Breakthrough mole fraction (Y_out) (a), temperature (b), and adsorption rate (c) profiles for CO₂ adsorption on zeolite 13X. Diffusivity values ranging from 1 × 10^–7 to 1 × 10^–8 m²/s, and PBA of 25 mm ID, 300 mm length, AR of 5, feed inlet velocity of 0.096 m, inlet mole fraction of 0.15, inlet temperature of 20 °C, and h_w of 9.5W/m² K.

Figure 7 shows axial profiles of CO₂ inside the gas and solid phases of the PBA over the 1D representation. The breakthrough wave was initially curved and became more linear as time went on. There are no discontinuities in the lines covering both phases, underlying low resistance to mass transfer in the area surrounding the solid particles. The peaks of concentration drops in the pores of the particles are visible along the bed length but particularly at the front end. The 1D representation does not offer sufficient details on the phenomena that are taking place in the PBA and therefore the 2D maps in Figure 8 provide wider representations of the breakthrough dynamics, including along the radial distribution at three values of diffusivities (i.e., D_i,s = 10^–7, 5 × 10^–8, and 10^–8 m²/s), the point just before the exit breakthrough begins (for t = 35 min), the point at which breakthrough is occurring (for t = 40 min), and the point at which the plateau is reached (for t = 45 min). There is a noticeable width of the MTZ for the highest diffusivity value (D_i,s = 10^–8 m²/s), which covers well over two-thirds of the bed length at 35 min. For D_i,s = 1 × 10^–8 m²/s, there is a narrow MTZ, that results in the steep breakthrough curve seen in Figure 6. Wide MTZs cause pronounced tailing in the breakthrough curves that are especially present in the case of D = 1 × 10^–7 m²/s. The tail shows a gradual increase in outlet concentration, while for a reduced diffusion rate, the plateau front is very flat.

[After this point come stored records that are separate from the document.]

-- ===== src/Spaces/Page.antt =====
-- `applyPageEdits` and `validatePageHtml` (src/spaces/page/page-input.ts). A text is the list of its
-- UTF-16 code units, as in the source.
pub mod Matches
pub mod Edits
use gomer.Base.{
  ℕ, zero, suc, ◌-◌, Bool, true, false, not, ◌&&◌, ◌||◌, Option, none, some, List, [], ◌∷◌, ◌++◌,
  length, any, all, is_some, ltb, leb, ◌==◌, if◌then◌else◌,
}
use gomer.Base.Text.{is_white}

abbrev pub Units : Type 0
Units = List ℕ

pub record PageEdit : Type 0 where
  pub find : Units
  pub replace : Units

-- The rest of the text after a prefix, if it begins with it.
unfoldable pub strip : Units → Units → Option Units
strip [] s = some s
strip (c ∷ cs) [] = none
strip (c ∷ cs) (d ∷ s) = if c == d then strip cs s else none

-- `s.split(find).length - 1`: the matches from left to right that do not overlap; the number says how
-- many units still belong to the last one.
unfoldable pub matches_from : Units → ℕ → Units → ℕ
unfolding strip
matches_from find (suc k) [] = 0
matches_from find (suc k) (c ∷ s) = matches_from find k s
matches_from find zero [] = 0
matches_from find zero (c ∷ s) =
    if is_some (strip find (c ∷ s))
    then suc (matches_from find (length find - 1) s)
    else matches_from find zero s

-- A match at the beginning of the text, or else a later one.
abbrev pub here_or : Option Units → Option (Units × Units) → Option (Units × Units)
here_or none later = later
here_or (some rest) later = some ([], rest)

abbrev pub after_unit : ℕ → Option (Units × Units) → Option (Units × Units)
after_unit c none = none
after_unit c (some (before, after)) = some (c ∷ before, after)

-- The text before the first match, which ends at `s.indexOf(find)`, and the text after it.
unfoldable pub cut : Units → Units → Option (Units × Units)
unfolding strip
cut find [] = here_or (strip find []) none
cut find (c ∷ s) = here_or (strip find (c ∷ s)) (after_unit c (cut find s))

-- What is wrong with an edit, with its index: its shape, an empty `find`, a `find` that does not
-- appear, or one that appears more than once.
pub data EditError : Type 0 where
  bad_shape : ℕ → EditError
  empty_find : ℕ → EditError
  no_match : ℕ → EditError
  many_matches : ℕ → ℕ → EditError

-- The variables of the loop.
pub record Progress : Type 0 where
  pub result : Units
  pub errors : List EditError

abbrev pub add_error : EditError → Progress → Progress
add_error e s = record s { errors = s.errors ++ e ∷ [] }

abbrev pub is_empty : Units → Bool
is_empty [] = true
is_empty (c ∷ s) = false

-- `result.slice(0, at) + edit.replace + result.slice(at + edit.find.length)`
abbrev pub replaced : PageEdit → Progress → Progress
replaced edit s = elim (cut edit.find s.result) [
  | none ↦ s
  | some (before, after) ↦ record s { result = before ++ (edit.replace ++ after) }
]

-- One edit; none is a value that is not an object with two texts.
unfoldable pub apply_edit : ℕ → Option PageEdit → Progress → Progress
unfolding matches_from cut
apply_edit i none s = add_error (bad_shape i) s
apply_edit i (some edit) s =
    let matches = matches_from edit.find 0 s.result in
    if is_empty edit.find
    then add_error (empty_find i) s
    else if matches == 0
    then add_error (no_match i) s
    else if matches == 1
    then replaced edit s
    else add_error (many_matches i matches) s

unfoldable pub apply_edits : ℕ → List (Option PageEdit) → Progress → Progress
unfolding apply_edit
apply_edits i [] s = s
apply_edits i (edit ∷ edits) s = apply_edits (suc i) edits (apply_edit i edit s)

abbrev pub max_page_chars : ℕ
max_page_chars = 300_000

-- `[a-z!]`, in either case
abbrev pub opens_tag : ℕ → Bool
opens_tag c = (leb 97 c && leb c 122) || (leb 65 c && leb c 90) || c == 33

-- `/<[a-z!]/i.test(html)`
unfoldable pub has_tag : Units → Bool
has_tag [] = false
has_tag (c ∷ []) = false
has_tag (c ∷ d ∷ s) = (c == 60 && opens_tag d) || has_tag (d ∷ s)

pub data PageError : Type 0 where
  blank_page : PageError
  too_long : PageError
  plain_text : PageError

-- The error of `validatePageHtml`, if it throws one.
unfoldable pub page_error : Units → Option PageError
unfolding has_tag
page_error html =
    if all is_white html
    then some blank_page
    else if ltb max_page_chars (length html)
    then some too_long
    else if not (has_tag html)
    then some plain_text
    else none

pub data EditResult : Type 0 where
  page : Units → EditResult
  bad_edits : EditResult
  not_changed : List EditError → EditResult
  bad_page : PageError → EditResult

abbrev pub checked : Units → Option PageError → EditResult
checked html none = page html
checked html (some e) = bad_page e

-- The end of `applyPageEdits`.
abbrev pub settled : Progress → EditResult
settled s = elim s.errors [
  | [] ↦ checked s.result (page_error s.result)
  | e ∷ es ↦ not_changed (e ∷ es)
]

unfoldable pub apply_page_edits : Units → List (Option PageEdit) → EditResult
unfolding apply_edits page_error
apply_page_edits html [] = bad_edits
apply_page_edits html (edit ∷ edits) =
    settled (apply_edits 0 (edit ∷ edits) (record { result = html; errors = [] }))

In an application sense, larger MTZs and breakthrough curve tailing are undesirable for process operation, since there is lower utilization of the solid and a wide range of low utility where the shallow curve is.

Figure 7.

Transient profiles of axial mole fraction Y [—] along the PBA. PBA of 25 mm ID, 300 mm length, AR of 5, feed inlet velocity of 0.096 m, diffusivity of CO₂ of 1 × 10^–7 m²/s, inlet mole fraction of CO₂ of 0.15, inlet temperature of 20 °C, and h_w of 9.5 W/m²K.

Figure 8.

Axial sections of the mole fraction (Y) of CO₂ along the PBA. (a–c) for D_i,s = 10^–7, 5 × 10^–8, and 10^–8 m²/s, respectively, and subscripts 1, 2, and 3 for t = 35, 40, and 45 min, respectively, and PBA of 25 mm ID, 300 mm length, AR of 5, feed inlet velocity of 0.096 m, inlet mole fraction of CO₂ of 0.15, inlet temperature of 20 °C, and h_w of 9.5 W/m² K.

For steep breakthroughs, as illustrated by axial mole fraction maps of CO₂ at various values of diffusivity and adsorption time in Figure 8, a narrow MTZ existed, and when the gradient was shallower, a wider MTZ was developed. Figure 8a₁,b₁,c₁,a₂,b₂,c₂,a₃,b₃ illustrates mole fraction maps at the point just before breakthrough began, the point at which breakthrough was occurring, and the point at which the plateau was reached. It is apparent that for the highest diffusivity, there was a noticeable development of the width of the MTZ, which covered well over two-thirds of the bed length at 35 min. For D = 1 × 10^–8 m²/s, there was a narrow width of the MTZ, that resulted in the steep breakthrough curve seen in Figure 8.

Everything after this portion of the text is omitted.